Je m’appelle Sylvie-Anne Boutin. J’ai 24 ans, je termine mes études de deuxième cycle en littérature à l’Université de Montréal. Depuis quelques mois, je ne vais pas très bien. En fait, je ne vais pas bien du tout. Je n’ai plus la force de m’aventurer dans les grandes métaphores. Cette crise, elle était nécessaire, mais ses conséquences me pétrifient et me lèvent le cœur. J’alternerai entre le je et le nous, pour moi, maintenant, ça n’a plus d’importance, c’est la même chose.

Je croyais bêtement que l’égalité, la démocratie et le respect primaient avant toute chose, avant tout autre débat politique et économique. Je pensais même que c’était une évidence. Contester les choix gouvernementaux était tout à fait légitime, puisque nous étions dans un régime démocratique. De la part d’un gouvernement attiré par le néo-libéralisme et corrompu jusqu’à la moelle, je ne pouvais vraiment rien attendre. Le mépris de ce gouvernement, des recteurs et des éditorialistes populistes assoiffés de capital politique m’a aussi prouvé que la justice était quelque chose de bien abstrait et complètement obsolète devant le discours des gens d’affaires. Prendre la parole, en 2012, est automatiquement critiqué, inconçevable, indécent. La démocratie apprise à l’école ne semble pas être une règle absolue et au Québec, en 2012, elle porte une drôle de couleur.

Pendant que le débat s’enlise, que les camps se polarisent, nous attendons une sortie de crise respectable mais de plus en plus impossible. Débat de sémantique sur débat de sémantique, nous, les étudiants et les étudiantes, refusons tout de même d’abdiquer malgré l’absurdité d’un gouvernement corrompu et dangereux au pouvoir. Nous avons saisi  rapidement que le véritable enjeu dépasse largement l’augmentation des frais de scolarité.

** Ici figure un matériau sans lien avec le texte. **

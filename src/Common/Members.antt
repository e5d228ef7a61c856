-- ===== src/Common/Members.antt =====
-- Membership in the lists that the array methods make.
use Prim.Native.Nat.{ℕ, ◌≤◌}
use mathlib.Core.Path.{◌≡◌, refl, sym, subst}
use mathlib.Core.Logic.{inl, inr, ◌↔◌}
use mathlib.Core.Bool.{Bool, true}
use mathlib.Core.Option.{some}
use mathlib.Core.List.{List, [], ◌∷◌}
use mathlib.Core.List.Memᴰ
use mathlib.Core.List.Memᴰ.{Memᴰ}
use native.Mathlib.Omega.{arith}
use big_project.Common.Tests.{ltb, ltb→lt, Bool-cases}
use big_project.Common.Lists.{any, filter, head?, insert_descending, sort_descending}

module _ {ℓ} {A : Type ℓ} where
  filter-Mem_to :
      (p : A → Bool) (x : A) (xs : List A) → Memᴰ x (filter p xs) → Memᴰ x xs × (p x ≡ true)
  filter-Mem_to p x [] h = absurd (Memᴰ.not-nil h)
  filter-Mem_to p x (y ∷ ys) h = elim (Bool-cases (p y)) [
    | inr isnt ↦
        let same : filter p (y ∷ ys) ≡ filter p ys = rw (isnt) refl in
        let rest = filter-Mem_to p x ys (subst (Memᴰ x) same h) in (Memᴰ.tail rest.0, rest.1)
    | inl is ↦
        let same : filter p (y ∷ ys) ≡ y ∷ filter p ys = rw (is) refl in
        elim (Memᴰ.cases_cons (subst (Memᴰ x) same h)) [
          | inl e ↦ (Memᴰ.head e, subst (λ z. p z ≡ true) (sym e) is)
          | inr later ↦ let rest = filter-Mem_to p x ys later in (Memᴰ.tail rest.0, rest.1)
        ]
  ]

  filter-Mem_from :
      (p : A → Bool) (x : A) (xs : List A) → Memᴰ x xs → p x ≡ true → Memᴰ x (filter p xs)
  filter-Mem_from p x [] h t = absurd (Memᴰ.not-nil h)
  filter-Mem_from p x (y ∷ ys) h t = elim (Memᴰ.cases_cons h) [
    | inl e ↦
        let is : p y ≡ true = subst (λ z. p z ≡ true) e t in
        let same : y ∷ filter p ys ≡ filter p (y ∷ ys) = rw (is) refl in
        subst (Memᴰ x) same (Memᴰ.head e)
    | inr later ↦
        let rest = filter-Mem_from p x ys later t in
        elim (Bool-cases (p y)) [
          | inl is ↦
              let same : y ∷ filter p ys ≡ filter p (y ∷ ys) = rw (is) refl in
              subst (Memᴰ x) same (Memᴰ.tail rest)
          | inr isnt ↦
              let same : filter p ys ≡ filter p (y ∷ ys) = rw (isnt) refl in
              subst (Memᴰ x) same rest
        ]
  ]

  -- The members of a filtered list are those that pass.
  pub filter-Mem :
      (p : A → Bool) (x : A) (xs : List A) → Memᴰ x (filter p xs) ↔ (Memᴰ x xs × (p x ≡ true))
  filter-Mem p x xs = (filter-Mem_to p x xs, λ h. filter-Mem_from p x xs h.0 h.1)

  insert-Mem :
      (key : A → ℕ) (x y : A) (ys : List A) → Memᴰ x (insert_descending key y ys) ↔ Memᴰ x (y ∷ ys)
  insert-Mem key x y [] = (λ h. h, λ h. h)
  insert-Mem key x y (z ∷ zs) =
      let rest = insert-Mem key x y zs in
      elim (Bool-cases (ltb (key y) (key z))) [
        | inr isnt ↦
            let same : insert_descending key y (z ∷ zs) ≡ y ∷ z ∷ zs = rw (isnt) refl in
            (subst (Memᴰ x) same, subst (Memᴰ x) (sym same))
        | inl is ↦
            let same : insert_descending key y (z ∷ zs) ≡ z ∷ insert_descending key y zs =
              rw (is) refl in
            (
              λ h. elim (Memᴰ.cases_cons (subst (Memᴰ x) same h)) [
                | inl e ↦ Memᴰ.tail (Memᴰ.head e)
                | inr later ↦ elim (Memᴰ.cases_cons (rest.0 later)) [
                  | inl e ↦ Memᴰ.head e
                  | inr last ↦ Memᴰ.tail (Memᴰ.tail last)
                ]
              ],
              λ h. subst (Memᴰ x) (sym same) (elim (Memᴰ.cases_cons h) [
                | inl e ↦ Memᴰ.tail (rest.1 (Memᴰ.head e))
                | inr later ↦ elim (Memᴰ.cases_cons later) [
                  | inl e ↦ Memᴰ.head e
                  | inr last ↦ Memᴰ.tail (rest.1 (Memᴰ.tail last))
                ]
              ]),
            )
      ]

  -- Sorting keeps the members.
  pub sort-Mem : (key : A → ℕ) (x : A) (xs : List A) → Memᴰ x (sort_descending key xs) ↔ Memᴰ x xs
  sort-Mem key x [] = (λ h. h, λ h. h)
  sort-Mem key x (y ∷ ys) =
      let rest = sort-Mem key x ys in
      let first = insert-Mem key x y (sort_descending key ys) in
      (
        λ h. elim (Memᴰ.cases_cons (first.0 h)) [
          | inl e ↦ Memᴰ.head e
          | inr later ↦ Memᴰ.tail (rest.0 later)
        ],
        λ h. first.1 (elim (Memᴰ.cases_cons h) [
          | inl e ↦ Memᴰ.head e
          | inr later ↦ Memᴰ.tail (rest.1 later)
        ]),
      )

  head-Mem : (x : A) (xs : List A) → head? xs ≡ some x → Memᴰ x xs
  head-Mem x [] h = absurd (ground (arith, h))
  head-Mem x (y ∷ ys) h = let same : y ≡ x = ground (arith, h) in Memᴰ.head (sym same)

  Mem-head : (x : A) (xs : List A) → Memᴰ x xs → (y : A) × (head? xs ≡ some y)
  Mem-head x [] m = absurd (Memᴰ.not-nil m)
  Mem-head x (y ∷ ys) m = (y, refl)

  head-insert_max :
      (key : A → ℕ) (x : A) (ys : List A) (top : A)
      → head? (insert_descending key x ys) ≡ some top
      → (key x ≤ key top) × ((y : A) → head? ys ≡ some y → key y ≤ key top)
  head-insert_max key x [] top h =
      let same : x ≡ top = ground (arith, h) in
      (subst (λ t. key x ≤ key t) same (omega arith), λ y e. absurd (ground (arith, e)))
  head-insert_max key x (z ∷ zs) top h = elim (Bool-cases (ltb (key x) (key z))) [
    | inl is ↦
        let same : z ≡ top = ground (arith, h, is) in
        let less = ltb→lt (key x) (key z) is in
        (
          subst (λ t. key x ≤ key t) same (omega (arith, less)),
          λ y e.
              let first : z ≡ y = ground (arith, e) in
              subst (λ t. key y ≤ key t) same (subst (λ v. key v ≤ key z) first (omega arith)),
        )
    | inr isnt ↦
        let same : x ≡ top = ground (arith, h, isnt) in
        let least : key z ≤ key x = ground (arith, isnt) in
        (
          subst (λ t. key x ≤ key t) same (omega arith),
          λ y e.
              let first : z ≡ y = ground (arith, e) in
              subst (λ t. key y ≤ key t) same (subst (λ v. key v ≤ key x) first least),
        )
  ]

  -- The first of a sorted list is a member, and has the greatest key.
  pub head-sort_max :
      (key : A → ℕ) (xs : List A) (top x : A)
      → head? (sort_descending key xs) ≡ some top
      → Memᴰ x xs
      → key x ≤ key top
  head-sort_max key [] top x h m = absurd (Memᴰ.not-nil m)
  head-sort_max key (y ∷ ys) top x h m =
      let bound = head-insert_max key y (sort_descending key ys) top h in
      elim (Memᴰ.cases_cons m) [
        | inl same ↦ subst (λ v. key v ≤ key top) (sym same) bound.0
        | inr later ↦
            let first = Mem-head x (sort_descending key ys) ((sort-Mem key x ys).1 later) in
            let below = head-sort_max key ys first.0 x first.1 later in
            let above = bound.1 first.0 first.1 in omega (arith, below, above)
      ]

  pub head-sort_Mem :
      (key : A → ℕ) (xs : List A) (top : A)
      → head? (sort_descending key xs) ≡ some top
      → Memᴰ top xs
  head-sort_Mem key xs top h = (sort-Mem key top xs).0 (head-Mem top (sort_descending key xs) h)

  -- A list with a member has a first one when it is sorted.
  pub sort-head :
      (key : A → ℕ) (xs : List A) (x : A)
      → Memᴰ x xs
      → (top : A) × (head? (sort_descending key xs) ≡ some top)
  sort-head key xs x m = Mem-head x (sort_descending key xs) ((sort-Mem key x xs).1 m)

  -- A test that some element passes.
  pub any-Mem : (p : A → Bool) (xs : List A) → any p xs ≡ true → (x : A) × Memᴰ x xs × (p x ≡ true)
  any-Mem p [] h = absurd (ground (arith, h))
  any-Mem p (x ∷ xs) h = elim (Bool-cases (p x)) [
    | inl is ↦ (x, Memᴰ.head refl, is)
    | inr isnt ↦
        let rest = any-Mem p xs (ground (arith, h, isnt)) in (rest.0, Memᴰ.tail rest.1, rest.2)
  ]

La crise actuelle déroge des crises précédentes; la paix sociale n’est pas entravée que pour 1625 $ de hausse. Prétendre le contraire vient démontrer une malheureuse méconnaissance du débat.

J’ai appris à mes dépens et assez rapidement que les policiers, « agents de la paix », protègent les vitrines des commerces, mais pas les vies humaines. La répression policière, ça arrive ailleurs, ça arrive aux autres, puis ça arrive à soi. J’ai compris rapidement que le débat de fond, le débat de société que nous souhaitons si avidement s’éclipsait pour laisser place à un discours emprunt de démagogie, de débat de sémantique et de lâcheté.

NOUS, la jeunesse « apolitique », nous nous sommes levés et avons décidé de revendiquer nos droits, de réveiller la population endormie depuis trop de décennies. Notre argumentaire, celui des syndicats et des chercheurs en économie n’a pas alarmé les Libéraux. Il fallait s’y attendre. Cette hausse est une affaire de valeurs et de principes. Partout au Québec, de l’Outaouais aux Iles-de-la-Madeleine en passant par St-Félicien jusqu’à Sherbrooke, le carré rouge est devenu un symbole phare de la lutte estudiantine. Montréal accueille manifestation sur manifestation, souvent empreintes d’une rare brutalité, mais aussi d’une belle inventivité (et, celles-là, les journaux n’en parlent pas). Toutefois, la région de Québec, comme toujours, s’est vautrée dans son confort bien conservateur, royaume des radios poubelles, incapable de regarder par delà ses petites frontières et de voir que, partout autour, les gens étaient en marche. Car avant les universités et les égalités, sociales, à Québec, il y a l’amphithéâtre.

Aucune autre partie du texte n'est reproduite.